MX records are missing in reply from 193.17.47.1 (no impact to failure counters):
=== 2023-07-20 14:07:56 CEST ctn.cvut.cz 193.17.47.1
Using domain server:
Name: 193.17.47.1
Address: 193.17.47.1#53
Aliases:
ctn.cvut.cz has address 147.32.235.120
=== 2023-07-20 14:07:56 CEST ctn.cvut.cz 185.43.135.1
Using domain server:
Name: 185.43.135.1
Address: 185.43.135.1#53
Aliases:
ctn.cvut.cz has address 147.32.235.120
ctn.cvut.cz mail is handled by 0 mailgw4.cvut.cz.

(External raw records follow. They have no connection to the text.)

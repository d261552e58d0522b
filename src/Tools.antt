-- ===== src/Tools.antt =====
-- crates/rustmistmcp/src/server/mod.rs: the named tools, each a read of the catalogue, and the split of
-- their arguments.
pub mod Table
pub mod Split
pub mod Calls
mod Examples
use rustmistmcp.Prelude.{
  ℕ, Bool, true, false, List, [], ◌∷◌, Option, none, some, String, Result, ok, err, ◌>>=◌, ok_or,
  map_err, contains_text, if◌then◌else◌,
}
use rustmistmcp.Prelude.Maps
use rustmistmcp.Json.{Value, null, bool, num, str, arr, obj, Fields, end, field, as_str, is_null}
use rustmistmcp.Catalog.{MistCapability, ordinary_read, privileged_read}
use rustmistmcp.Wan
use rustmistmcp.Wan.{
  WanScope, StatsMode, Resolved, resolve_scope, SleImpact, AppSource, site_apps, catalog_apps,
  WanObject, network, service, service_policy, gateway_template, device_profile, get_config,
  object_id_name,
}
use rustmistmcp.Access.{CallerCtx, MistCallError, invalid_target, ambiguous_scope}
use rustmistmcp.Access.Dispatch.{
  CatalogRead, Handler, Reply, call_error, failed, dispatch_catalogued_read,
}

abbrev pub known_tools : List String
known_tools =
    "apply_mist_change_set" ∷ "approve_mist_change_set" ∷ "get_mist_change_set" ∷ "get_mist_device"
    ∷ "get_mist_device_stats" ∷ "get_mist_insight" ∷ "get_mist_operation_schema" ∷ "get_mist_org"
    ∷ "get_mist_rrm" ∷ "get_mist_self" ∷ "get_mist_site" ∷ "get_mist_sle" ∷ "get_mist_sle_impact"
    ∷ "get_mist_wan_config" ∷ "get_mist_wan_edge_stats" ∷ "invoke_mist_privileged_read"
    ∷ "invoke_mist_read" ∷ "list_mist_alarm_definitions" ∷ "list_mist_applications"
    ∷ "list_mist_orgs" ∷ "list_mist_rogues" ∷ "list_mist_sites" ∷ "list_mist_sle_metrics"
    ∷ "list_mist_upgrades" ∷ "list_mist_wan_config" ∷ "list_mist_wan_edges" ∷ "list_mist_wlans"
    ∷ "plan_mist_change" ∷ "search_mist_alarms" ∷ "search_mist_audit_logs" ∷ "search_mist_bgp_peers"
    ∷ "search_mist_clients" ∷ "search_mist_events" ∷ "search_mist_inventory"
    ∷ "search_mist_operations" ∷ "search_mist_peer_paths" ∷ "search_mist_service_path_events"
    ∷ "search_mist_tunnels" ∷ "troubleshoot_mist" ∷ []

-- Tools that a wildcard scope leaves out.
abbrev pub restricted_tools : List String
restricted_tools =
    "apply_mist_change_set" ∷ "approve_mist_change_set" ∷ "get_mist_change_set" ∷ "get_mist_device"
    ∷ "get_mist_self" ∷ "get_mist_wan_config" ∷ "invoke_mist_privileged_read"
    ∷ "list_mist_wan_config" ∷ "list_mist_wlans" ∷ "plan_mist_change" ∷ "search_mist_audit_logs"
    ∷ []

-- What a named tool passes to `dispatch_named`.
pub record NamedRead : Type 0 where
  pub tool : String
  pub operation_id : String
  pub path_names : List String
  pub capability : MistCapability

abbrev pub named : String → String → List String → MistCapability → NamedRead
named tool operation_id path_names capability = record {
  tool = tool;
  operation_id = operation_id;
  path_names = path_names;
  capability = capability;
}

abbrev pub get_mist_device : NamedRead
get_mist_device =
    named "get_mist_device" "getSiteDevice" ("site_id" ∷ "device_id" ∷ []) privileged_read

abbrev pub get_mist_device_stats : NamedRead
get_mist_device_stats =
    named "get_mist_device_stats" "getSiteDeviceStats" ("site_id" ∷ "device_id" ∷ []) ordinary_read

abbrev pub get_mist_insight : NamedRead
get_mist_insight = named "get_mist_insight" "getSiteInsightMetrics" ("site_id" ∷ []) ordinary_read

abbrev pub get_mist_rrm : NamedRead
get_mist_rrm = named "get_mist_rrm" "getSiteCurrentChannelPlanning" ("site_id" ∷ []) ordinary_read

abbrev pub get_mist_self : NamedRead
get_mist_self = named "get_mist_self" "getSelf" ([]) privileged_read

abbrev pub get_mist_site : NamedRead
get_mist_site = named "get_mist_site" "getSiteInfo" ("site_id" ∷ []) ordinary_read

abbrev pub get_mist_sle : NamedRead
get_mist_sle =
    named "get_mist_sle" "getSiteSleSummaryTrend" ("site_id" ∷ "scope" ∷ "scope_id" ∷ "metric" ∷ [])
      ordinary_read

abbrev pub list_mist_rogues : NamedRead
list_mist_rogues = named "list_mist_rogues" "listSiteRogueAPs" ("site_id" ∷ []) ordinary_read

abbrev pub list_mist_sites : NamedRead
list_mist_sites = named "list_mist_sites" "listOrgSites" ("org_id" ∷ []) ordinary_read

abbrev pub list_mist_sle_metrics : NamedRead
list_mist_sle_metrics =
    named "list_mist_sle_metrics" "listSiteSlesMetrics" ("site_id" ∷ "scope" ∷ "scope_id" ∷ [])
      ordinary_read

abbrev pub list_mist_upgrades : NamedRead
list_mist_upgrades =
    named "list_mist_upgrades" "listSiteDeviceUpgrades" ("site_id" ∷ []) ordinary_read

abbrev pub list_mist_wlans : NamedRead
list_mist_wlans = named "list_mist_wlans" "listSiteWlans" ("site_id" ∷ []) privileged_read

abbrev pub list_mist_alarm_definitions : NamedRead
list_mist_alarm_definitions =
    named "list_mist_alarm_definitions" "listAlarmDefinitions" ([]) ordinary_read

abbrev pub search_mist_audit_logs : NamedRead
search_mist_audit_logs =
    named "search_mist_audit_logs" "listOrgAuditLogs" ("org_id" ∷ []) privileged_read

abbrev pub search_mist_clients : NamedRead
search_mist_clients =
    named "search_mist_clients" "searchSiteWirelessClients" ("site_id" ∷ []) ordinary_read

abbrev pub search_mist_events : NamedRead
search_mist_events =
    named "search_mist_events" "searchSiteSystemEvents" ("site_id" ∷ []) ordinary_read

abbrev pub search_mist_inventory : NamedRead
search_mist_inventory =
    named "search_mist_inventory" "searchOrgInventory" ("org_id" ∷ []) ordinary_read

abbrev pub troubleshoot_mist : NamedRead
troubleshoot_mist =
    named "troubleshoot_mist" "listSiteTroubleshootCalls" ("site_id" ∷ []) ordinary_read

abbrev pub named_resolved : String → Resolved → MistCapability → NamedRead
named_resolved tool r capability = named tool r.operation_id r.path_names capability

abbrev pub get_mist_sle_impact : SleImpact → NamedRead
get_mist_sle_impact impact =
    named_resolved "get_mist_sle_impact" (Wan.sle_impact impact) ordinary_read

-- Per device where a device is given.
abbrev pub get_mist_wan_edge_stats : Bool → NamedRead
get_mist_wan_edge_stats per_device =
    named_resolved "get_mist_wan_edge_stats" (Wan.wan_edge_stats per_device) ordinary_read

unfoldable pub list_mist_applications :
    AppSource → StatsMode → Option String → Result MistCallError NamedRead
list_mist_applications site_apps mode none = err ambiguous_scope
list_mist_applications site_apps mode (some site_id) =
    ok
      (named_resolved "list_mist_applications" (Wan.list_applications site_apps mode) ordinary_read)
list_mist_applications catalog_apps mode site_id = ok (
    named_resolved "list_mist_applications" (Wan.list_applications catalog_apps mode) ordinary_read)

abbrev pub scope_of : Option String → Option String → Result MistCallError WanScope
scope_of org_id site_id = map_err (λ e. ambiguous_scope) (resolve_scope org_id site_id)

-- Gateway templates and device profiles are privileged.
abbrev pub config_capability : WanObject → MistCapability
config_capability gateway_template = privileged_read
config_capability device_profile = privileged_read
config_capability network = ordinary_read
config_capability service = ordinary_read
config_capability service_policy = ordinary_read

unfoldable pub list_mist_wan_config :
    WanObject → Option String → Option String → Result MistCallError NamedRead
list_mist_wan_config object org_id site_id = scope_of org_id site_id >>= λ scope. ok (
    named_resolved "list_mist_wan_config" (Wan.list_config object scope) (config_capability object))

unfoldable pub list_mist_wan_edges : Option String → Option String → Result MistCallError NamedRead
list_mist_wan_edges org_id site_id = scope_of org_id site_id >>= λ scope.
    ok (named_resolved "list_mist_wan_edges" (Wan.wan_edges scope) ordinary_read)

unfoldable pub search_mist_alarms :
    StatsMode → Option String → Option String → Result MistCallError NamedRead
search_mist_alarms mode org_id site_id = scope_of org_id site_id >>= λ scope.
    ok (named_resolved "search_mist_alarms" (Wan.alarms scope mode) ordinary_read)

unfoldable pub search_mist_bgp_peers :
    StatsMode → Option String → Option String → Result MistCallError NamedRead
search_mist_bgp_peers mode org_id site_id = scope_of org_id site_id >>= λ scope.
    ok (named_resolved "search_mist_bgp_peers" (Wan.bgp_peers scope mode) ordinary_read)

abbrev pub search_mist_peer_paths : StatsMode → NamedRead
search_mist_peer_paths mode =
    named_resolved "search_mist_peer_paths" (Wan.peer_paths mode) ordinary_read

abbrev pub search_mist_service_path_events : StatsMode → NamedRead
search_mist_service_path_events mode =
    named_resolved "search_mist_service_path_events" (Wan.service_path_events mode) ordinary_read

abbrev pub search_mist_tunnels : StatsMode → NamedRead
search_mist_tunnels mode = named_resolved "search_mist_tunnels" (Wan.tunnels mode) ordinary_read

-- The maps of the path and of the query.
abbrev pub NamedMaps : Type 0
NamedMaps = List (String × String) × List (String × Value)

-- The loop over the arguments: null is left out, a name of the path has to be a text.
unfoldable pub split_args :
    List String
    → List (String × String)
    → List (String × Value)
    → Fields
    → Result MistCallError NamedMaps
split_args names path query end = ok (path, query)
split_args names path query (field name value args) = elim (is_null value) [
  | true ↦ split_args names path query args
  | false ↦ elim (contains_text names name) [
    | false ↦ split_args names path (Maps.insert name value query) args
    | true ↦ elim (as_str value) [
      | none ↦ err invalid_target
      | some text ↦ split_args names (Maps.insert name text path) query args
    ]
  ]
]

unfoldable pub named_maps : Value → List String → Result MistCallError NamedMaps
named_maps (obj args) names = split_args names [] [] args
named_maps null names = err invalid_target
named_maps (bool b) names = err invalid_target
named_maps (num n) names = err invalid_target
named_maps (str s) names = err invalid_target
named_maps (arr vs) names = err invalid_target

abbrev pub named_read : NamedRead → NamedMaps → CatalogRead
named_read n (path, query) = record {
  tool = n.tool;
  operation_id = n.operation_id;
  path = path;
  query = query;
  cursor = none;
  capability = n.capability;
  redact_output = true;
}

abbrev pub not_dispatched : MistCallError → Reply
not_dispatched e = record { sent = []; outcome = failed e; answer = err (call_error e) }

unfoldable pub dispatch_named : Handler → NamedRead → Value → Option CallerCtx → Reply
dispatch_named h n args caller = elim (named_maps args n.path_names) [
  | err e ↦ not_dispatched e
  | ok maps ↦ dispatch_catalogued_read h (named_read n maps) caller
]

-- The two tools that make their read themselves.
abbrev pub get_mist_org : String → CatalogRead
get_mist_org org_id = record {
  tool = "get_mist_org";
  operation_id = "getOrg";
  path = ("org_id", org_id) ∷ [];
  query = [];
  cursor = none;
  capability = ordinary_read;
  redact_output = true;
}

abbrev pub get_mist_wan_config : WanObject → String → String → CatalogRead
get_mist_wan_config object org_id object_id = record {
  tool = "get_mist_wan_config";
  operation_id = (get_config object).operation_id;
  path = ("org_id", org_id) ∷ (object_id_name object, object_id) ∷ [];
  query = [];
  cursor = none;
  capability = config_capability object;
  redact_output = true;
}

ctn.cvut.cz mail is handled by 0 mailgw3.cvut.cz.
MX records are missing in both answers; reply from 193.17.47.1 was counted as a failure (no A record):
=== 2023-07-21 07:51:47 CEST ctn.cvut.cz 193.17.47.1
Using domain server:
Name: 193.17.47.1
Address: 193.17.47.1#53
Aliases:
=== 2023-07-21 07:51:47 CEST ctn.cvut.cz 185.43.135.1
Using domain server:
Name: 185.43.135.1
Address: 185.43.135.1#53
Aliases:
ctn.cvut.cz has address 147.32.235.120
Only one example of reply from unbound
because those were consistent, like this one, A record and two MX records:
=== 2023-07-21 12:24:18 CEST ctn.cvut.cz 192.168.222.11
Using domain server:
Name: 192.168.222.11
Address: 192.168.222.11#53
Aliases:
ctn.cvut.cz has address 147.32.235.120
ctn.cvut.cz mail is handled by 0 mailgw3.cvut.cz.
ctn.cvut.cz mail is handled by 0 mailgw4.cvut.cz.